KATIYO J made several notable observations: (1) The defendant's managing director appeared cavalier about his oath and showed lack of good faith, revealing a "conscious lack of scruple or remorse" and a determination to retain the windfall unless legally compelled. (2) The defendant's strategy from 2019 onward was to "string the plaintiff along" with the abortive lease while never truly intending to refund the money unless cornered - conduct amounting to bad faith and intent to defraud. (3) The Court observed that allowing the 1:1 conversion would "produce a result that is as absurd as it is unjust" reducing over half a million dollars to about US$5 in real value - "a windfall resulting from legal legerdemain, not a just outcome." (4) The conversion legislation was intended to stabilize currency transition, not to allow parties to unjustly retain huge enrichments. (5) The Court characterized the defendant's position as essentially attempting to "steal" the plaintiff's money under cover of legal technicalities and described the overall conduct as "a legalized theft" if allowed to succeed. (6) The Court noted that denying restitution would not serve the policy of the Regional Town and Country Planning Act but would "punish the innocent party (the payer) and reward the party who took the money without authority." (7) The judgment emphasizes courts should not endorse results that effectively legalize theft of value under cover of statutes intended for different purposes, unless compelled by clear statutory language or binding precedent.

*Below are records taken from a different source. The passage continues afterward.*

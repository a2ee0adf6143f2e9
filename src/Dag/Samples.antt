-- ===== src/Dag/Samples.antt =====
-- A workflow of two steps, the second of which depends on the first, and one that depends on itself.
use ottoflow.Prelude.{String, true, false, none, List, [], ◌∷◌, ◌≡◌, refl, ◌↔◌, contains}
use ottoflow.Api.Step.{Step, Workflow, plain_step, fail, continue}
use ottoflow.Dag.{
  Dag, unset, ok, err, build_dag, get_ready_steps, find, get_node, add_node, add_name,
  add_dependent, add_dependency, track, add_edge, resume, scan, has_cycle_dfs, cycle_loop, answer,
  has_cycle, add_nodes, add_dependencies, add_edges, node_names, conclude, circular_dependencies,
}
use ottoflow.Dag.Build.{RangeOk, Verdict, build_dag-Verdict, Depends}
use ottoflow.Dag.Ready.{get_ready_steps_iff, get_ready_steps_progress}
use ottoflow.Dag.Declare.{is_step}

abbrev pub same_order : List String → List String
same_order names = names

pub same_order-RangeOk : RangeOk same_order
same_order-RangeOk names a = refl

abbrev pub report : Step
report = record (plain_step "report" ("fetch" ∷ []) continue) {
  expressions = record { name = "total"; expression = "steps.fetch.total" } ∷ [];
}

abbrev pub two_steps : List Step
two_steps = plain_step "fetch" [] fail ∷ report ∷ []

abbrev pub two_workflow : Workflow
two_workflow = record {
  name = "audit";
  namespace = "ops";
  variables = [];
  steps = two_steps;
  outputs = [];
  max_concurrent_steps = none;
  max_concurrent_runs = none;
}

abbrev pub two_dag : Dag
two_dag = record {
  nodes =
      record {
        name = "fetch";
        step = plain_step "fetch" [] fail;
        dependencies = [];
        dependents = "report" ∷ [];
      }
      ∷ record { name = "report"; step = report; dependencies = "fetch" ∷ []; dependents = [] }
      ∷ [];
  edges = ("fetch", "report" ∷ []) ∷ [];
}

pub two_dag-built : build_dag same_order two_steps ≡ ok two_dag
unfolding build_dag add_nodes add_node add_edges add_dependencies add_edge add_name add_dependent
    add_dependency track get_node find has_cycle cycle_loop has_cycle_dfs scan resume answer
    conclude node_names
two_dag-built = refl

self_dependent :
    build_dag same_order (plain_step "loop" ("loop" ∷ []) fail ∷ []) ≡ err circular_dependencies
unfolding build_dag add_nodes add_node add_edges add_dependencies add_edge add_name add_dependent
    add_dependency track get_node find has_cycle cycle_loop has_cycle_dfs scan resume answer
    conclude node_names
self_dependent = refl

two_order-covers : (a : String) → contains a ("fetch" ∷ "report" ∷ []) ≡ is_step two_steps a
two_order-covers a = refl

build_dag-Verdict_example : Verdict two_steps (build_dag same_order two_steps)
build_dag-Verdict_example = build_dag-Verdict same_order same_order-RangeOk two_steps

get_ready_steps_iff_example :
    (contains "fetch" (get_ready_steps two_dag ("fetch" ∷ "report" ∷ []) unset) ≡ true) ↔ (
      (is_step two_steps "fetch" ≡ true)
      × (unset "fetch" ≡ false)
      × ((b : String) → Depends two_steps b "fetch" → unset b ≡ true))
get_ready_steps_iff_example =
    get_ready_steps_iff same_order same_order-RangeOk two_steps two_dag two_dag-built
      ("fetch" ∷ "report" ∷ []) two_order-covers unset "fetch"

get_ready_steps_progress_example :
    (b : String) × (contains b (get_ready_steps two_dag ("fetch" ∷ "report" ∷ []) unset) ≡ true)
get_ready_steps_progress_example =
    get_ready_steps_progress same_order same_order-RangeOk two_steps two_dag two_dag-built
      ("fetch" ∷ "report" ∷ []) two_order-covers unset "report" refl refl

This case is significant in Zimbabwean jurisprudence for several reasons: (1) It clarifies the application of currency conversion laws (S.I. 33/2019) to claims arising after the effective date, holding that debts crystallizing post-conversion are not subject to the 1:1 RTGS conversion; (2) It demonstrates the interruption of prescription through acknowledgment of liability, particularly via subsequent invalid agreements; (3) It reinforces the law of unjust enrichment (condictio sine causa) as a remedy for money paid under void contracts, rejecting technical defenses that would lead to manifest injustice; (4) It addresses the intersection of illegality (statutory non-compliance in land transactions), restitution, and currency law; (5) It shows courts will apply substance over form and reject opportunistic reliance on legal technicalities to retain windfalls; (6) It provides guidance on when attorney-client costs are appropriate for unconscionable conduct. The judgment demonstrates judicial willingness to prevent unjust enrichment even where technical legal arguments might support retention of funds.